Materials provided: Begin

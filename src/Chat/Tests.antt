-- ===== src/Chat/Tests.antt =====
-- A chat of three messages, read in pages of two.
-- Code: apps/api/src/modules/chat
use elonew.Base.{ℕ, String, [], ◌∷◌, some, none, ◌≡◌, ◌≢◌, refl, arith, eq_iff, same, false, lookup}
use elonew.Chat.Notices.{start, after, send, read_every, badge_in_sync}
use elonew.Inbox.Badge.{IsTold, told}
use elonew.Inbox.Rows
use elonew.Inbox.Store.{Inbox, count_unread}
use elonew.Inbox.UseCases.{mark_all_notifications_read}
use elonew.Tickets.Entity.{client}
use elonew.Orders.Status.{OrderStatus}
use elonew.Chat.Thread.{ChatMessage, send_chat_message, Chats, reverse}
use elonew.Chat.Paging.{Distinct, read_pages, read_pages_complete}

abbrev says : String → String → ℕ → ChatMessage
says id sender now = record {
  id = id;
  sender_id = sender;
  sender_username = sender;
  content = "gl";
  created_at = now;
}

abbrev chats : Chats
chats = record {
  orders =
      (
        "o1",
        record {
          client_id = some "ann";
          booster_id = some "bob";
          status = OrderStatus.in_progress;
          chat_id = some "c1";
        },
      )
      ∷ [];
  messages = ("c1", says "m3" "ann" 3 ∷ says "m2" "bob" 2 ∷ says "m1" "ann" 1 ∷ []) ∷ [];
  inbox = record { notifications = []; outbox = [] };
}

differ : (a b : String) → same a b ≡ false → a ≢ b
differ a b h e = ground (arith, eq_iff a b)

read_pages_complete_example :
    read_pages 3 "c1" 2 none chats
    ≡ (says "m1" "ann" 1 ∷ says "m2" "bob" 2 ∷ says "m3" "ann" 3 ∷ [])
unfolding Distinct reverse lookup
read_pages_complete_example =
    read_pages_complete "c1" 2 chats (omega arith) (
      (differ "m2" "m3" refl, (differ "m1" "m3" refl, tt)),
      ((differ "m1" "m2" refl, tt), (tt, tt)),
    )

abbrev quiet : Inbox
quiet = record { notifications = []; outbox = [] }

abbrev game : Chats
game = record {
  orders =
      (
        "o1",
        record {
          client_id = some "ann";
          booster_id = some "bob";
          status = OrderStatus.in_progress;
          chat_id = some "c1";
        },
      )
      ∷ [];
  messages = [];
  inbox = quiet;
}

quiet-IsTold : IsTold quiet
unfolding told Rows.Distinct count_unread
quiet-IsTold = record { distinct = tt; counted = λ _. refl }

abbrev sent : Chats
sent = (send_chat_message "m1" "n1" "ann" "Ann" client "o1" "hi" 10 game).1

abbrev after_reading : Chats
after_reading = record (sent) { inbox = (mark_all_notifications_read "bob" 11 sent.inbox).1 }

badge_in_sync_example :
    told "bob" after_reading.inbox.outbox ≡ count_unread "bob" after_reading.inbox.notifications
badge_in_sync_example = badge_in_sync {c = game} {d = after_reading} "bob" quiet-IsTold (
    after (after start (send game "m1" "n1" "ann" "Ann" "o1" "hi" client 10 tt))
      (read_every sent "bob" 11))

Materials provided: End
Materials provided: Begin

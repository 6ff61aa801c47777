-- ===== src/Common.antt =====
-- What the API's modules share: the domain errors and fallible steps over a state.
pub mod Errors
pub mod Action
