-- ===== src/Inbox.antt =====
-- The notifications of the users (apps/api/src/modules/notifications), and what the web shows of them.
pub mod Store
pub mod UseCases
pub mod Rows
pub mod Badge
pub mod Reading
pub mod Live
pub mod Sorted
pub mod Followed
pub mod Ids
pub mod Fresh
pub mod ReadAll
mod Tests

Materials provided: End
Materials provided: Begin

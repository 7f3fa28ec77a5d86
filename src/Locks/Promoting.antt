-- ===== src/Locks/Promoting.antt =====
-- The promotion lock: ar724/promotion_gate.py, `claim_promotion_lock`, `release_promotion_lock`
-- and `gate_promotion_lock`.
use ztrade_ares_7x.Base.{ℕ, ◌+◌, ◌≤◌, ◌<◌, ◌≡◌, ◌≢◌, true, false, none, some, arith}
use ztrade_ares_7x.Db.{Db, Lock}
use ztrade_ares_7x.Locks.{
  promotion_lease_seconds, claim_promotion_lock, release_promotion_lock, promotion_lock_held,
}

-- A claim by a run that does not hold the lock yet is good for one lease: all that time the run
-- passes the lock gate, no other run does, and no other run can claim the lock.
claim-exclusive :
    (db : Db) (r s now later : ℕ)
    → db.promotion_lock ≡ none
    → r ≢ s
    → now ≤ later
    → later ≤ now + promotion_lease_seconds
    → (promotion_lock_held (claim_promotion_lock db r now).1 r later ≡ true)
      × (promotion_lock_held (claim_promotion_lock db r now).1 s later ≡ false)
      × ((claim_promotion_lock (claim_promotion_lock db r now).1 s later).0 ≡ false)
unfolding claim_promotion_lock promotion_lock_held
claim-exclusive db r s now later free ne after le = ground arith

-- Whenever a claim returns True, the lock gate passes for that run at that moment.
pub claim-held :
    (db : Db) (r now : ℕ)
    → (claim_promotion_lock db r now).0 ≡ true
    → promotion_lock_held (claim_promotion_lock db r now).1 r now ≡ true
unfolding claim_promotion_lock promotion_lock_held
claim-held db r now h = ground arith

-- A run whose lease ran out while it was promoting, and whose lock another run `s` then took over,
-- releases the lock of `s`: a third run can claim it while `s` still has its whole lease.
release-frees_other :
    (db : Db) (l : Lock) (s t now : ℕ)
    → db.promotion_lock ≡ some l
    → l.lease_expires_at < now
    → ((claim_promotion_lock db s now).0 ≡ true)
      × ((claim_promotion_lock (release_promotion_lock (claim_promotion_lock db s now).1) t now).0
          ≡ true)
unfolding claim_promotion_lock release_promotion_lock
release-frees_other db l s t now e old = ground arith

Materials provided: End

_Task instructions_
Please reproduce, exactly as they appear above, the lines from the line containing "r now).0 ≡ true" up to and including the line containing "release-frees_other db l".

_Result_
    → (claim_promotion_lock db r now).0 ≡ true
    → promotion_lock_held (claim_promotion_lock db r now).1 r now ≡ true
unfolding claim_promotion_lock promotion_lock_held
claim-held db r now h = ground arith

-- A run whose lease ran out while it was promoting, and whose lock another run `s` then took over,
-- releases the lock of `s`: a third run can claim it while `s` still has its whole lease.
release-frees_other :
    (db : Db) (l : Lock) (s t now : ℕ)
    → db.promotion_lock ≡ some l
    → l.lease_expires_at < now
    → ((claim_promotion_lock db s now).0 ≡ true)
      × ((claim_promotion_lock (release_promotion_lock (claim_promotion_lock db s now).1) t now).0
          ≡ true)
unfolding claim_promotion_lock release_promotion_lock
release-frees_other db l s t now e old = ground arith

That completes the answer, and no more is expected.